I remember one time I had a number of people critique a piece of writing I was working on about three, maybe four years ago. All of them enjoyed and loved what I had wrote, except for ONE person. She completely ripped apart what I had done, and then admitted "I don't normally read this genre anyway, so its really not for me." 

I was incensed. Rightly or wrongly depending on your view, I was infuriated that she felt the need to completely destroy what I had worked on and then say it wasn't her genre! I'm sorry, but I don't like romance novels or anything of that calibre so as a consequence, I won't critique them myself because I don't consider my input to be valid/fair in a genre that I myself do not enjoy and thus do not read. Needless to say, despite the glowing praise and encouragement from the others, that one negative critique stuck with me and pretty much crushed my confidence. I was having a bad time with life in general with issues at work and not being happy with where I was and writing was my only escape.

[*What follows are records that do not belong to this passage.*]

-- ===== src/Sdcp/Header.antt =====
-- The operation codes and the header of SDCP messages, from common/src/discovery_types.rs.
pub mod Laws
use tsn_fieldbus.Base.{ℕ, List, [], ◌∷◌, ◌++◌, Result, ok, err, ◌>>=◌, ◌==◌, if◌then◌else◌}
use tsn_fieldbus.Base.Bytes.{to_be, IoError, read_u8, read_u16}

abbrev pub sdcp_version : ℕ
sdcp_version = 0x01

abbrev pub sdcp_header_size : ℕ
sdcp_header_size = 5

abbrev pub sdcp_flags : ℕ
sdcp_flags = 0x00

abbrev pub ethertype_sdcp : ℕ
ethertype_sdcp = 0x88b5

pub data SdcpOpCode : Type 0 where
  discover_req discover_res set_ip_req set_ip_res get_ip_req get_ip_res : SdcpOpCode
  activate_dhcp_req activate_dhcp_res unknown_operation : SdcpOpCode

-- The cast `as u8`.
abbrev pub op_code_number : SdcpOpCode → ℕ
op_code_number discover_req = 0x01
op_code_number discover_res = 0x02
op_code_number set_ip_req = 0x03
op_code_number set_ip_res = 0x04
op_code_number get_ip_req = 0x05
op_code_number get_ip_res = 0x06
op_code_number activate_dhcp_req = 0x07
op_code_number activate_dhcp_res = 0x08
op_code_number unknown_operation = 0x09

-- `From<u8>`
unfoldable pub op_code_from : ℕ → SdcpOpCode
op_code_from val =
    if val == 0x01
    then discover_req
    else if val == 0x02
    then discover_res
    else if val == 0x03
    then set_ip_req
    else if val == 0x04
    then set_ip_res
    else if val == 0x05
    then get_ip_req
    else if val == 0x06
    then get_ip_res
    else if val == 0x07
    then activate_dhcp_req
    else if val == 0x08
    then activate_dhcp_res
    else unknown_operation

pub record SdcpHeader : Type 0 where
  pub version : ℕ
  pub op_code : SdcpOpCode
  pub transaction_id : ℕ
  pub flags : ℕ

unfoldable pub new : SdcpOpCode → ℕ → SdcpHeader
new op_code transaction_id = record {
  version = sdcp_version;
  op_code = op_code;
  transaction_id = transaction_id;
  flags = sdcp_flags;
}

-- Writing to a vector does not fail.
unfoldable pub write_to : SdcpHeader → List ℕ → List ℕ
write_to h buf =
    buf ++ (h.version ∷ op_code_number h.op_code ∷ (to_be 2 h.transaction_id ++ (h.flags ∷ [])))

unfoldable pub read_from : List ℕ → Result IoError SdcpHeader
read_from buf = do
  (version, r) ← read_u8 buf
  (code, r) ← read_u8 r
  (transaction_id, r) ← read_u16 r
  (flags, r) ← read_u8 r
  ok (record {
    version = version;
    op_code = op_code_from code;
    transaction_id = transaction_id;
    flags = flags;
  })
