-- ===== src/Security/DiscoveryAuth.antt =====
-- common/src/security/discovery_auth.rs: a sequence number in each direction for every known device.
pub mod Laws
pub mod Replay
use tsn_fieldbus.Base.{
  ℕ, ◌+◌, ◌/◌, ◌%◌, ◌^◌, List, [], ◌∷◌, Option, none, some, Bool, true, false, ◌==◌, leb, not,
  if◌then◌else◌, saturating_add, u64_max,
}
use tsn_fieldbus.Base.Bytes.{to_be}
use tsn_fieldbus.Base.Table.{Table, get, insert, contains_key}
use tsn_fieldbus.Mac.{MacAddr, mac_eq}
use tsn_fieldbus.Sdcp.Header.{SdcpHeader, op_code_number}
use tsn_fieldbus.Security.Crypto.{Blake3, calculate_hmac, verify_hmac}

pub record DeviceSecurityContext : Type 0 where
  pub transmitter_sequence_number : ℕ
  pub last_valid_received_sequence_number : ℕ

abbrev pub default : DeviceSecurityContext
default = record { transmitter_sequence_number = 1; last_valid_received_sequence_number = 0 }

pub record DiscoveryAuthHandler : Type 0 where
  pub shared_secret : List ℕ
  pub devices : Table MacAddr DeviceSecurityContext

unfoldable pub new : List ℕ → DiscoveryAuthHandler
new shared_secret = record { shared_secret = shared_secret; devices = [] }

-- `devices.entry(device_mac).or_default()`
unfoldable pub add_new_device : DiscoveryAuthHandler → MacAddr → DiscoveryAuthHandler
add_new_device s device_mac = elim (get device_mac s.devices) [
  | none ↦ record s { devices = insert device_mac default s.devices }
  | some _ ↦ s
]

unfoldable pub has_device : DiscoveryAuthHandler → MacAddr → Bool
has_device s device_mac = contains_key device_mac s.devices

unfoldable pub set_last_valid_received_sequence_number :
    DiscoveryAuthHandler → MacAddr → ℕ → DiscoveryAuthHandler × Bool
set_last_valid_received_sequence_number s device_mac sequence_number =
    elim (get device_mac s.devices) [
      | none ↦ (s, false)
      | some context ↦ (
        record s {
          devices =
              insert device_mac
                (record context { last_valid_received_sequence_number = sequence_number })
                s.devices;
        },
        true,
      )
    ]

unfoldable pub serialize_header : SdcpHeader → List ℕ
serialize_header h =
    h.version
    ∷ op_code_number h.op_code
    ∷ h.transaction_id / 2 ^ 8 % 2 ^ 8
    ∷ h.transaction_id % 2 ^ 8
    ∷ h.flags
    ∷ []

-- The parts of the message that the tag covers.
abbrev pub tag_parts : SdcpHeader → List ℕ → ℕ → List (List ℕ)
tag_parts h payload sequence_number = serialize_header h ∷ payload ∷ to_be 8 sequence_number ∷ []

module _ (b : Blake3) where
  unfoldable pub create_auth_tag :
      DiscoveryAuthHandler
      → MacAddr
      → SdcpHeader
      → List ℕ
      → DiscoveryAuthHandler × Option (ℕ × List ℕ)
  create_auth_tag s device_mac h payload = elim (get device_mac s.devices) [
    | none ↦ (s, none)
    | some context ↦ (
      record s {
        devices =
            insert device_mac
              (record context {
                transmitter_sequence_number =
                    saturating_add u64_max context.transmitter_sequence_number 1;
              })
              s.devices;
      },
      some (
        context.transmitter_sequence_number,
        calculate_hmac b s.shared_secret (tag_parts h payload context.transmitter_sequence_number),
      ),
    )
  ]

  -- The part of `validate_auth_tag` after the context is found.
  validate_context :
      DiscoveryAuthHandler
      → MacAddr
      → SdcpHeader
      → List ℕ
      → ℕ
      → List ℕ
      → DeviceSecurityContext
      → DiscoveryAuthHandler × Bool
  validate_context s device_mac h payload received auth_tag context =
      if leb received context.last_valid_received_sequence_number
      then (s, false)
      else if verify_hmac b s.shared_secret (tag_parts h payload received) auth_tag
      then (
        record s {
          devices =
              insert device_mac (record context { last_valid_received_sequence_number = received })
                s.devices;
        },
        true,
      )
      else (s, false)

  unfoldable pub validate_auth_tag :
      DiscoveryAuthHandler
      → MacAddr
      → SdcpHeader
      → List ℕ
      → ℕ
      → List ℕ
      → DiscoveryAuthHandler × Bool
  unfolding validate_context
  validate_auth_tag s device_mac h payload received auth_tag = elim (get device_mac s.devices) [
    | none ↦ (s, false)
    | some context ↦ validate_context s device_mac h payload received auth_tag context
  ]

  unfoldable pub validate_discovery_response :
      DiscoveryAuthHandler → SdcpHeader → List ℕ → ℕ → List ℕ → Bool
  validate_discovery_response s h payload sequence_number auth_tag =
      if not (sequence_number == 1)
      then false
      else verify_hmac b s.shared_secret (tag_parts h payload sequence_number) auth_tag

I would come home in the evenings, exhausted and unable to write because I felt I was wasting my time and wasn't really any good, issues at work compounded it because I couldn't relax and focus. 
I know that you are not going to please everyone with what you write, and that is par for the course you have to roll with the punches. It took me just over a YEAR to regain my confidence where I could write and say to myself "if someone doesn't like it, then that's there prerogative!" and I think I have come out better for it. 

Critique is fine as long as you are fair, not abusive/crushing to the writer who's work you are critiquing. Keep it constructive and as helpful as possible, encourage the individual. Don't crush them, because that's just not cricket! What I have just said may be obvious, at least it is to me, but I think sometimes other writers forget that.


----------



## Terry D (Aug 27, 2018)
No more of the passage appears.